There are a number of pathways for NAD biosynthesis. In yeast and most other organisms, the two major pathways are de novo synthesis of NAD (the de novo pathway) and regeneration of NAD from its nicotinamide degradation products (the NAD salvage pathway) (7, 6). NAD is synthesized de novo from tryptophan via kynurenine (7). In this pathway tryptophan is converted to nicotinic acid mononucleotide (NaMN) in 6 enzymatic steps (catalyzed by Bna1-2p, and Bna4-7p) and one non-enzymatic step (7).

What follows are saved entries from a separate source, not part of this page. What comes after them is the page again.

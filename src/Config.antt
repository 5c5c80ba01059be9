-- ===== src/Config.antt =====
-- The configuration of channels and connections (src/config.rs).
use yojimbo_rs.Prelude.{ℕ, ◌+◌, ◌-◌, ◌*◌, ◌/◌, ◌%◌, ◌^◌, Option, none, some, List, replicate}
use yojimbo_rs.Int.{ℤ, pos}
use yojimbo_rs.Float.{Float}

pub data ChannelType : Type 0 where
  reliable_ordered unreliable_unordered : ChannelType

pub record ChannelConfig (F : Type 0) : Type 0 where
  pub kind : ChannelType
  pub sent_packet_buffer_size : ℕ
  pub message_send_queue_size : ℕ
  pub message_receive_queue_size : ℕ
  pub max_messages_per_packet : ℕ
  -- In bytes.
  pub packet_budget : Option ℕ
  pub message_resend_time : F
  pub block_fragment_resend_time : F

pub record ConnectionConfig (F : Type 0) : Type 0 where
  pub max_packet_size : ℕ
  pub channels : List (ChannelConfig F)

module _ {F : Type 0} ⦃f : Float F⦄ where
  -- `ChannelConfig::new`
  unfoldable pub channel_config : ChannelType → ChannelConfig F
  channel_config kind = record {
    kind = kind;
    sent_packet_buffer_size = 1024;
    message_send_queue_size = 1024;
    message_receive_queue_size = 1024;
    max_messages_per_packet = 256;
    packet_budget = none;
    message_resend_time = f.decimal 1 1;
    block_fragment_resend_time = f.decimal 25 2;
  }

  -- `ConnectionConfig::new`
  unfoldable pub connection_config : ℕ → ConnectionConfig F
  unfolding channel_config
  connection_config channels = record {
    max_packet_size = 8 * 1024;
    channels = replicate channels (channel_config ChannelType.reliable_ordered);
  }

abbrev pub yojimbo_default_timeout : ℤ
yojimbo_default_timeout = pos 5

-- What src/network_simulator.rs is configured with.
pub record NetworkSimulatorConfig : Type 0 where
  pub max_simulator_packets : ℕ

-- `G` stands for f32.
pub record ClientServerConfig (F G : Type 0) : Type 0 where
  pub connection : ConnectionConfig F
  pub protocol_id : ℕ
  -- In seconds; an i32.
  pub timeout : ℤ
  pub client_memory : ℕ
  pub server_global_memory : ℕ
  pub server_per_client_memory : ℕ
  pub network_simulator : Option NetworkSimulatorConfig
  pub fragment_packets_above : ℕ
  pub packet_fragment_size : ℕ
  pub max_packet_fragments : ℕ
  pub packet_reassembly_buffer_size : ℕ
  pub acked_packets_buffer_size : ℕ
  pub received_packets_buffer_size : ℕ
  pub rtt_smoothing_factor : G

-- `(a as f64 / b as f64).ceil()` of whole numbers that f64 holds exactly, for `b` above 0.
abbrev pub div_ceil : ℕ → ℕ → ℕ
div_ceil a b = (a + (b - 1)) / b

module _ {F G : Type 0} ⦃f : Float F⦄ ⦃g : Float G⦄ where
  -- `ClientServerConfig::new`
  unfoldable pub client_server_config : ℕ → ClientServerConfig F G
  unfolding connection_config
  client_server_config channels =
      let connection = connection_config channels in
      let packet_fragment_size : ℕ = 1024 in
      record {
        connection = connection;
        protocol_id = 0;
        timeout = yojimbo_default_timeout;
        client_memory = 10 * 1024 * 1024;
        server_global_memory = 10 * 1024 * 1024;
        server_per_client_memory = 10 * 1024 * 1024;
        network_simulator = none;
        fragment_packets_above = 1024;
        packet_fragment_size = 1024;
        max_packet_fragments = div_ceil connection.max_packet_size packet_fragment_size;
        packet_reassembly_buffer_size = 64;
        acked_packets_buffer_size = 256;
        received_packets_buffer_size = 256;
        rtt_smoothing_factor = g.decimal 25 4;
      }

-- The name of an endpoint: `"client endpoint"` or `format!("server_endpoint{}", i)`.
pub data EndpointName : Type 0 where
  client_endpoint : EndpointName
  server_endpoint : ℕ → EndpointName

-- The fields of `reliable_config_t` that the code sets, but for the context and the callbacks,
-- which are what the models of the client and the server do with an endpoint's packets.
pub record ReliableConfig (G : Type 0) : Type 0 where
  pub name : EndpointName
  pub index : ℕ
  pub max_packet_size : ℕ
  pub fragment_above : ℕ
  pub max_fragments : ℕ
  pub fragment_size : ℕ
  pub ack_buffer_size : ℕ
  pub received_packets_buffer_size : ℕ
  pub fragment_reassembly_buffer_size : ℕ
  pub rtt_smoothing_factor : G

-- `as i32` of a `usize`: the 32 low bits.
abbrev pub as_i32 : ℕ → ℕ
as_i32 n = n % 2 ^ 32

-- `client_index.unwrap_or(0)`
abbrev pub index_or_zero : Option ℕ → ℕ
index_or_zero none = 0
index_or_zero (some index) = index

module _ {F G : Type 0} where
  unfoldable pub new_reliable_config :
      ClientServerConfig F G → EndpointName → Option ℕ → ReliableConfig G
  new_reliable_config c name client_index = record {
    name = name;
    index = as_i32 (index_or_zero client_index);
    max_packet_size = as_i32 c.connection.max_packet_size;
    fragment_above = as_i32 c.fragment_packets_above;
    max_fragments = as_i32 c.max_packet_fragments;
    fragment_size = as_i32 c.packet_fragment_size;
    ack_buffer_size = as_i32 c.acked_packets_buffer_size;
    received_packets_buffer_size = as_i32 c.received_packets_buffer_size;
    fragment_reassembly_buffer_size = as_i32 c.packet_reassembly_buffer_size;
    rtt_smoothing_factor = c.rtt_smoothing_factor;
  }

-- The conservative sizes of src/channel.rs, in bits.
abbrev pub conservative_message_header_bits : ℕ
conservative_message_header_bits = 32

abbrev pub conservative_channel_header_bits : ℕ
conservative_channel_header_bits = 32

abbrev pub conservative_packet_header_bits : ℕ
conservative_packet_header_bits = 16

-- The number of bits that are left is not worth a message.
abbrev pub give_up_bits : ℕ
give_up_bits = 4 * 8
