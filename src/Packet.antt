-- ===== src/Packet.antt =====
-- `ChannelPacketData` (src/channel/channel_packet_data.rs): the messages of one channel in a packet.
pub mod Serialize
pub mod RoundTrip
pub mod Received
use yojimbo_rs.Prelude.{ℕ, List, [], ◌-◌, ◌^◌}

pub record ChannelPacketData (M : Type 0) : Type 0 where
  pub channel_index : ℕ
  -- Message ids and messages.
  pub messages : List (ℕ × M)

-- `usize::MAX`
abbrev pub usize_max : ℕ
usize_max = 2 ^ 64 - 1

unfoldable pub empty : {M : Type 0} → ChannelPacketData M
empty = record { channel_index = usize_max; messages = [] }
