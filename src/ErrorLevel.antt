-- ===== src/ErrorLevel.antt =====
-- The error levels of channels (src/channel.rs) and connections (src/connection.rs).
use yojimbo_rs.Prelude.{Bool, true, false}

pub data ChannelErrorLevel : Type 0 where
  none desync send_queue_full blocks_disabled failed_to_serialize out_of_memory : ChannelErrorLevel

-- `level != ChannelErrorLevel::None`
abbrev pub is_error : ChannelErrorLevel → Bool
is_error none = false
is_error desync = true
is_error send_queue_full = true
is_error blocks_disabled = true
is_error failed_to_serialize = true
is_error out_of_memory = true

pub data ConnectionErrorLevel : Type 0 where
  none channel read_packet_failed : ConnectionErrorLevel

-- `level != ConnectionErrorLevel::None`
abbrev pub is_connection_error : ConnectionErrorLevel → Bool
is_connection_error ConnectionErrorLevel.none = false
is_connection_error channel = true
is_connection_error read_packet_failed = true
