-- ===== src/Examples.antt =====
-- Concrete inputs for the theorems on base/src, marshalable-derive/src, errors/src, server/src, client/src and unionify-derive/src.
pub mod Values
pub mod Types
pub mod Client
pub mod Steps
pub mod Buffers
pub mod Server
pub mod Helpers
pub mod Words
pub mod Unions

At NaMN the de novo pathway converges with the NAD salvage pathway and the last two steps to NAD are shared (7, 6). In the yeast NAD salvage pathway, the vitamin precursors nicotinamide and nicotinic acid are converted to NaMN, the point of convergence with the de novo pathway (6). The steps from nicotinic acid to NAD were elucidated by Preiss and Handler and are sometimes referred to as the Preiss-Handler pathway (as reviewed in 8). Yeast can also import extracellular nicotinic acid extracellular nicotinic acid into the cell by the permease Tna1p and then convert it to NAD via the Preiss-Handler pathway (6).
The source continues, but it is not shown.